Instructions for the task » Copy exactly the lines of the data below that run from the line holding "let t_jinfo = h.job cur" through the line holding "c ← is_order_with job (h.job r) atom", both ends included.

####################

-- ===== src/Job/Examples.antt =====
-- core/bin/job: the theorems on kinds, orders, ids, numbers and notifications, at concrete values.
use sysmaster.Base.{
  ℕ, ◌+◌, ◌≤◌, ◌<◌, true, false, not, ◌||◌, ◌≡◌, ◌≢◌, ◌⊎◌, ◌↔◌, refl, none, some, List, [], ◌∷◌,
  length, All, nat_eq, arith, inl, inr, ℤ, neg, is_positive, string_eq,
}
use sysmaster.Unit.State.{unit_active}
use sysmaster.Unit.Relation.AtomNames.{unit_atom_after, unit_atom_before}
use sysmaster.Job.Kind.{
  JobKind, start, stop, reload, nop, kind_eq, JobResult, done, failed, wait, end, job_is_basic_op,
  JobMode, try_reload,
}
use sysmaster.Job.Entry.{Job}
use sysmaster.Job.Process.{is_order_with, job_process_unit, job_merge_unit}
use sysmaster.Job.Ordered.{is_order_with_lem, is_target, job_process_unit_lem, job_merge_unit_lem}
use sysmaster.Job.Junit.{
  is_suspends_conflict, is_suspends_conflict_with, is_suspends_replace_with,
  is_suspends_irreversible,
}
use sysmaster.Job.Junit.Conflict.{
  Waits, is_suspends_conflict_lem, is_suspends_conflict_with_lem, is_suspends_replace_with_lem,
}
use sysmaster.Job.Samples.{
  willing, job_of, busy_heap, busy_unit, offered_unit, offered-IsUnique, busy-IsUnique,
}
use sysmaster.Job.Alloc.{JobAlloc, alloc_id}
use sysmaster.Job.Alloc.Fresh.{IsAllocated, alloc_id_lem}
use sysmaster.Job.Stat.{
  JobKindNum, new_kind_num, update_kind_num, JobResultCnt, new_result_cnt, update_result_cnt, usize,
}
use sysmaster.Job.Stat.Counted.{
  num_of, count_kind, update_kind_num_lem, cnt_of, count_ended, update_result_cnt_lem,
}
use sysmaster.Unit.Deps.{DepTable}
use sysmaster.Job.Notify.{JobConf, job_notify_event, job_notify_event_lem, IsAllowed}

is_suspends_conflict_example :
    (is_suspends_conflict busy_unit ≡ true)
    ↔ Waits busy_unit stop × ((k : JobKind) × (k ≢ stop) × (k ≢ nop) × Waits busy_unit k)
is_suspends_conflict_example = is_suspends_conflict_lem busy_unit busy-IsUnique

is_suspends_conflict_with_example :
    (is_suspends_conflict_with busy_unit offered_unit ≡ true)
    ↔ (Waits busy_unit stop ⊎ Waits offered_unit stop)
      × ((k : JobKind) × (k ≢ stop) × (k ≢ nop) × (Waits busy_unit k ⊎ Waits offered_unit k))
is_suspends_conflict_with_example =
    is_suspends_conflict_with_lem busy_unit offered_unit busy-IsUnique offered-IsUnique

is_suspends_replace_with_example :
    is_suspends_replace_with busy_unit offered_unit busy_heap
    ≡ some (
        not (is_suspends_conflict_with busy_unit offered_unit)
        || not (is_suspends_irreversible busy_unit busy_heap))
unfolding is_suspends_conflict
is_suspends_replace_with_example =
    is_suspends_replace_with_lem busy_unit offered_unit busy_heap refl refl

is_order_with_example :
    (x : ℤ) × (y : ℤ) × (is_order_with (job_of 1 start wait) (job_of 2 start wait) unit_atom_after
      ≡ some x)
    × (is_order_with (job_of 2 start wait) (job_of 1 start wait) unit_atom_before ≡ some y)
    × (y ≡ neg x)
    × ((is_positive x ≡ true) ↔ (start ≢ stop))
    × ((is_positive y ≡ true) ↔ (start ≡ stop))
is_order_with_example =
    is_order_with_lem (job_of 1 start wait) (job_of 2 start wait) refl (λ e. cc) (λ e. cc)

job_process_unit_example :
    (r : JobResult) × (job_process_unit start unit_active
        (record { reload_failure = false; will_auto_restart = false })
      ≡ some (some r, is_target start unit_active))
    × ((r ≡ done) ⊎ (r ≡ failed))
    × (start ≢ reload → is_target start unit_active ≡ true → r ≡ done)
job_process_unit_example =
    job_process_unit_lem start unit_active
      (record { reload_failure = false; will_auto_restart = false }) (inl refl) (inl refl)

job_merge_unit_example :
    (job_is_basic_op (job_merge_unit willing try_reload "a") ≡ true)
    × ((job_merge_unit willing try_reload "a" ≡ try_reload) ↔ (job_is_basic_op try_reload ≡ true))
    × (job_merge_unit willing (job_merge_unit willing try_reload "a") "a"
        ≡ job_merge_unit willing try_reload "a")
job_merge_unit_example = job_merge_unit_lem willing try_reload "a"

-- The last id there is was given away, and so was the first.
abbrev wrapping : JobAlloc
wrapping = record { ids = 4294967295 ∷ 0 ∷ []; last_id = 4294967295 }

alloc_id_example :
    (id : ℕ) × (a' : JobAlloc) × (alloc_id (length wrapping.ids + 1) wrapping ≡ some (id, a'))
    × IsAllocated wrapping id a'
alloc_id_example = alloc_id_lem wrapping (omega arith)

alloc_id_wraps :
    alloc_id 3 wrapping ≡ some (1, record { ids = 1 ∷ 4294967295 ∷ 0 ∷ []; last_id = 1 })
unfolding alloc_id
alloc_id_wraps = refl

-- A start comes, and the same start goes.
abbrev some_jobs : List Job
some_jobs = job_of 1 start (end done) ∷ []

some_jobs_fit : (k : JobKind) → num_of k new_kind_num + count_kind k some_jobs < usize
some_jobs_fit k = ground arith

some_jobs_there :
    (k : JobKind) → count_kind k some_jobs ≤ num_of k new_kind_num + count_kind k some_jobs
some_jobs_there k = ground arith

update_kind_num_example :
    (n' : JobKindNum) × (update_kind_num some_jobs some_jobs new_kind_num ≡ some n')
    × ((k : JobKind)
        → num_of k n' + count_kind k some_jobs ≡ num_of k new_kind_num + count_kind k some_jobs)
unfolding job_is_basic_op
update_kind_num_example =
    update_kind_num_lem some_jobs some_jobs new_kind_num (refl, tt) (refl, tt) some_jobs_fit
      some_jobs_there

some_results_fit : (r : JobResult) → cnt_of r new_result_cnt + count_ended r some_jobs < usize
some_results_fit r = ground arith

update_result_cnt_example :
    (c' : JobResultCnt) × (update_result_cnt false some_jobs new_result_cnt ≡ (false, c'))
    × ((r : JobResult) → cnt_of r c' ≡ cnt_of r new_result_cnt + count_ended r some_jobs)
update_result_cnt_example = update_result_cnt_lem some_jobs new_result_cnt some_results_fit

abbrev one_conf : JobConf
one_conf = record { unit = "a"; kind = stop }

abbrev no_deps : DepTable
no_deps = []

job_notify_event_example :
    (cs : List (JobConf × JobMode)) × (job_notify_event no_deps one_conf none ≡ some cs)
    × All (IsAllowed no_deps "a") cs
job_notify_event_example = job_notify_event_lem no_deps one_conf none (inr (inl refl))
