-- ===== src/Job/Junit/Reshuffle.antt =====
-- core/bin/job/junit.rs: merging the jobs that wait with each other, and putting them in order.
use sysmaster.Base.{
  ℕ, Bool, true, false, not, ◌&&◌, List, [], ◌∷◌, ◌++◌, Option, none, some, get, remove, length,
  contains_key, leb, assert, ◌>>=◌, ◌>>◌, if◌then◌else◌,
}
use sysmaster.Unit.State.{is_active_or_reloading}
use sysmaster.Job.Kind.{JobKind, start, stop, reload, restart, verify, nop, kind_eq, merged}
use sysmaster.Job.Entry.{Units}
use sysmaster.Job.Heap.{Heap, finish_all}
use sysmaster.Job.Junit.{JobUnit, update_ready, is_suspends_conflict}

unfoldable pub jobs_suspends_remove : JobUnit → JobKind → List ℕ → JobUnit × List ℕ
jobs_suspends_remove d kind del_jobs = elim (get d.suspends kind) [
  | none ↦ (d, del_jobs)
  | some job ↦ (record d { suspends = remove d.suspends kind }, del_jobs ++ job ∷ [])
]

-- `start` and `reload` are merged into `restart`.
unfoldable pub jobs_ms_start_and_reload : JobUnit → List ℕ → JobUnit × List ℕ
unfolding jobs_suspends_remove
jobs_ms_start_and_reload d del_jobs =
    let (d', dels) = jobs_suspends_remove d start del_jobs in jobs_suspends_remove d' reload dels

-- `start` is merged into `reload` at an active unit, and `reload` into `start` at another.
unfoldable pub jobs_ms_start_or_reload : Units → JobUnit → List ℕ → JobUnit × List ℕ
unfolding jobs_suspends_remove
jobs_ms_start_or_reload u d del_jobs =
    if is_active_or_reloading (u.active_state d.unit)
    then jobs_suspends_remove d start del_jobs
    else jobs_suspends_remove d reload del_jobs

unfoldable pub jobs_merge_suspend : Units → JobUnit → List ℕ → JobUnit × List ℕ
unfolding contains_key jobs_ms_start_and_reload jobs_ms_start_or_reload
jobs_merge_suspend u d del_jobs =
    if contains_key d.suspends stop
    then (d, del_jobs)
    else if contains_key d.suspends restart
    then jobs_ms_start_and_reload d del_jobs
    else if contains_key d.suspends start && contains_key d.suspends reload
    then jobs_ms_start_or_reload u d del_jobs
    else (d, del_jobs)

unfoldable pub sq_order_pushback : JobUnit → JobKind → JobUnit
sq_order_pushback d kind = elim (get d.suspends kind) [
  | none ↦ d
  | some job ↦ record d { sq = d.sq ++ job ∷ [] }
]

unfoldable pub sq_order : JobUnit → Option JobUnit
unfolding contains_key sq_order_pushback
sq_order d =
    let d0 = record d { sq = [] } in
    if contains_key d.suspends stop then some (sq_order_pushback d0 stop) else do
      let d1 = sq_order_pushback (sq_order_pushback (sq_order_pushback d0 restart) start) reload
      assert (leb (length d1.sq) 1)
      let d2 = sq_order_pushback (sq_order_pushback d1 verify) nop
      assert (leb (length d2.sq) 3)
      some d2

abbrev pub is_interrupter : JobKind → Bool
is_interrupter stop = true
is_interrupter restart = true
is_interrupter _ = false

-- The test of `jobs_merge_trigger_prepare`: the trigger, and the front of `sq`.
abbrev pub interrupt_match : Option ℕ → List ℕ → JobUnit → Heap → JobUnit
interrupt_match (some t) (r ∷ rs) d h = record d { interrupt = is_interrupter (h.job r).kind }
interrupt_match (some t) [] d h = d
interrupt_match none sq d h = d

unfoldable pub jobs_merge_trigger_prepare : JobUnit → Heap → Option JobUnit
jobs_merge_trigger_prepare d h = do assert d.order; some (interrupt_match d.trigger d.sq d h)

-- The part of `reshuffle` that runs unless the suspends are in order.
unfoldable pub reorder : Units → JobUnit → Option (JobUnit × List ℕ)
reorder u d = do
  let (d', merge_jobs) = jobs_merge_suspend u d []
  d'' ← sq_order d'
  some (record d'' { order = true }, merge_jobs)

unfoldable pub reshuffle : Units → JobUnit → Heap → Option (List ℕ × JobUnit × Heap)
reshuffle u d h = do
  assert (not (is_suspends_conflict d))
  (d1, merge_jobs) ← if d.order then some (d, []) else reorder u d
  d2 ← jobs_merge_trigger_prepare d1 h
  d3 ← update_ready d2
  h' ← finish_all merge_jobs merged h
  some (merge_jobs, d3, h')
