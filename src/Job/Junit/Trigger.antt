-- ===== src/Job/Junit/Trigger.antt =====
-- core/bin/job/junit.rs: pausing, triggering, re-triggering and finishing the job that runs.
use sysmaster.Base.{
  ℕ, Bool, true, false, not, ◌&&◌, List, [], ◌∷◌, Option, none, some, remove, values, ◌==◌, assert,
  ◌>>=◌, ◌>>◌, is_some, is_none, if◌then◌else◌, is_positive,
}
use sysmaster.Unit.Relation.AtomNames.{UnitRelationAtom}
use sysmaster.Job.Kind.{nop, kind_eq, JobResult, merged, job_is_basic_op}
use sysmaster.Job.Entry.{Units, Job, TriggerResult, triggered, trigger_err}
use sysmaster.Job.Process.{is_order_with}
use sysmaster.Job.Heap.{Heap, merge_ref, run_ref, finish_ref}
use sysmaster.Job.Junit.{JobUnit, update_ready, calc_ready, is_nil}

-- `JobUnitData::pause`
unfoldable pub pause_unit : JobUnit → Option JobUnit
unfolding update_ready
pause_unit d = do assert d.order; update_ready (record d { dirty = true; pause = true })

-- `JobUnitData::resume`
unfoldable pub resume_unit : JobUnit → Option JobUnit
unfolding update_ready
resume_unit d = do assert d.order; update_ready (record d { dirty = true; pause = false })

unfoldable pub retrigger_trigger : JobUnit → Option JobUnit
unfolding update_ready
retrigger_trigger d = do
  assert (is_some d.trigger)
  assert d.order
  update_ready (record d { retrigger = true; dirty = true })

unfoldable pub insert_trigger : JobUnit → ℕ → Heap → Option JobUnit
unfolding retrigger_trigger update_ready job_is_basic_op
insert_trigger d r h = do
  assert (is_none d.trigger)
  assert (is_nil d.suspends)
  assert (job_is_basic_op (h.job r).kind)
  assert d.order
  d' ← retrigger_trigger (record d { trigger = some r })
  update_ready (record d' { dirty = true })

-- The trigger that `finish_trigger` finds, or a panic.
abbrev pub finish_with : Option ℕ → JobUnit → JobResult → Heap → Option (Option ℕ × JobUnit × Heap)
finish_with none d result h = none
finish_with (some t) d result h = do
  assert d.order
  (retry, h') ← finish_ref h t result
  d' ←
      if retry
      then retrigger_trigger d
      else some (record d { interrupt = false; retrigger = false; trigger = none })
  d'' ← update_ready (record d' { dirty = true })
  some (if retry then none else some t, d'', h')

unfoldable pub finish_trigger : JobUnit → JobResult → Heap → Option (Option ℕ × JobUnit × Heap)
unfolding finish_ref retrigger_trigger update_ready
finish_trigger d result h = finish_with d.trigger d result h

abbrev pub retrigger_with : Option ℕ → JobUnit → Option (ℕ × Option ℕ × JobUnit)
retrigger_with none d = none
retrigger_with (some t) d = do
  assert d.retrigger
  assert d.order
  assert (not d.interrupt)
  d' ← update_ready (record d { retrigger = false; dirty = true })
  some (t, none, d')

unfoldable pub do_next_trigger_retrigger : JobUnit → Option (ℕ × Option ℕ × JobUnit)
unfolding update_ready
do_next_trigger_retrigger d = retrigger_with d.trigger d

abbrev pub suspend_with : List ℕ → JobUnit → Heap → Option (ℕ × Option ℕ × JobUnit)
suspend_with [] d h = none
suspend_with (r ∷ rs) d h = do
  assert d.order
  let merge_trigger = if d.interrupt then d.trigger else none
  let d1 =
      if d.interrupt then record d { interrupt = false; retrigger = false; trigger = none } else d
  let d2 = record d1 {
    trigger = some r;
    sq = rs;
    suspends = remove d1.suspends (h.job r).kind;
    dirty = true;
  }
  d3 ← update_ready d2
  some (r, merge_trigger, d3)

unfoldable pub do_next_trigger_suspend : JobUnit → Heap → Option (ℕ × Option ℕ × JobUnit)
unfolding update_ready
do_next_trigger_suspend d h = suspend_with d.sq d h

abbrev pub next_trigger_with : Option Bool → JobUnit → Heap → Option (ℕ × Option ℕ × JobUnit)
next_trigger_with (some true) d h = do_next_trigger_suspend d h
next_trigger_with (some false) d h = do_next_trigger_retrigger d
next_trigger_with none d h = none

unfoldable pub do_next_trigger : JobUnit → Heap → Option (ℕ × Option ℕ × JobUnit)
unfolding calc_ready do_next_trigger_suspend do_next_trigger_retrigger
do_next_trigger d h = do s ← calc_ready d; next_trigger_with s d h

-- `job.finish(Merged)` for the interrupted job, after its attribute was merged into one of its kind.
abbrev pub finish_old : Option ℕ → ℕ → Heap → Option Heap
finish_old none cur h = some h
finish_old (some job) cur h = do
  h' ← if (h.job job).kind == (h.job cur).kind then merge_ref h cur job else some h
  (retry, h'') ← finish_ref h' job merged
  some h''

-- What `run` answered: to be triggered again, to be ended, or neither.
abbrev pub after_run : TriggerResult → JobUnit → Option (Option JobResult × JobUnit)
after_run triggered d = some (none, d)
after_run (trigger_err none) d = do d' ← pause_unit d; d'' ← retrigger_trigger d'; some (none, d'')
after_run (trigger_err (some r)) d = some (some r, d)

-- The results are the job as it was before it ran (`JobInfo`), the result that ends it, the job that
-- it interrupted, and the new state.
unfoldable pub do_trigger :
    Units → JobUnit → Heap → Option (Job × Option JobResult × Option ℕ × JobUnit × Heap)
unfolding do_next_trigger merge_ref finish_ref run_ref pause_unit retrigger_trigger
do_trigger u d h = do
  (cur, merge_trigger, d1) ← do_next_trigger d h
  let t_jinfo = h.job cur
  h1 ← finish_old merge_trigger cur h
  (t, h2) ← run_ref u h1 cur
  (tend_result, d2) ← after_run t d1
  some (t_jinfo, tend_result, merge_trigger, d2, h2)

-- The job that `get_next_trigger` returns.
abbrev peek_with : Option Bool → JobUnit → Option ℕ
peek_with (some true) d = elim d.sq [ [] ↦ none | r ∷ rs ↦ some r ]
peek_with (some false) d = if d.retrigger then d.trigger else none
peek_with none d = none

unfoldable pub get_next_trigger : JobUnit → Option ℕ
unfolding calc_ready
get_next_trigger d = do s ← calc_ready d; peek_with s d

-- Does none of these jobs go before `job`?
unfoldable pub none_before : Job → List ℕ → UnitRelationAtom → Heap → Option Bool
unfolding is_order_with
none_before job [] atom h = some true
none_before job (r ∷ rs) atom h = do
  c ← is_order_with job (h.job r) atom
  rest ← none_before job rs atom h
  some (not (is_positive c) && rest)

abbrev pub opt_to_list : Option ℕ → List ℕ
opt_to_list none = []
opt_to_list (some r) = r ∷ []

-- The two loops of `is_next_trigger_order_with`.
abbrev pub compare_order : Job → JobUnit → UnitRelationAtom → Heap → Option Bool
compare_order job o atom h = do
  suspended ← none_before job (values o.suspends) atom h
  running ← none_before job (opt_to_list o.trigger) atom h
  some (suspended && running)

unfoldable pub is_next_trigger_order_with :
    JobUnit → JobUnit → UnitRelationAtom → Heap → Option Bool
unfolding get_next_trigger none_before
is_next_trigger_order_with d o atom h = do
  assert (d.ready && o.order)
  r ← get_next_trigger d
  let job = h.job r
  if job.attr.ignore_order
      then some true
      else if job.kind == nop
      then some true
      else compare_order job o atom h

####################

Result for this exercise »
  let t_jinfo = h.job cur
  h1 ← finish_old merge_trigger cur h
  (t, h2) ← run_ref u h1 cur
  (tend_result, d2) ← after_run t d1
  some (t_jinfo, tend_result, merge_trigger, d2, h2)

-- The job that `get_next_trigger` returns.
abbrev peek_with : Option Bool → JobUnit → Option ℕ
peek_with (some true) d = elim d.sq [ [] ↦ none | r ∷ rs ↦ some r ]
peek_with (some false) d = if d.retrigger then d.trigger else none
peek_with none d = none

unfoldable pub get_next_trigger : JobUnit → Option ℕ
unfolding calc_ready
get_next_trigger d = do s ← calc_ready d; peek_with s d

-- Does none of these jobs go before `job`?
unfoldable pub none_before : Job → List ℕ → UnitRelationAtom → Heap → Option Bool
unfolding is_order_with
none_before job [] atom h = some true
none_before job (r ∷ rs) atom h = do
  c ← is_order_with job (h.job r) atom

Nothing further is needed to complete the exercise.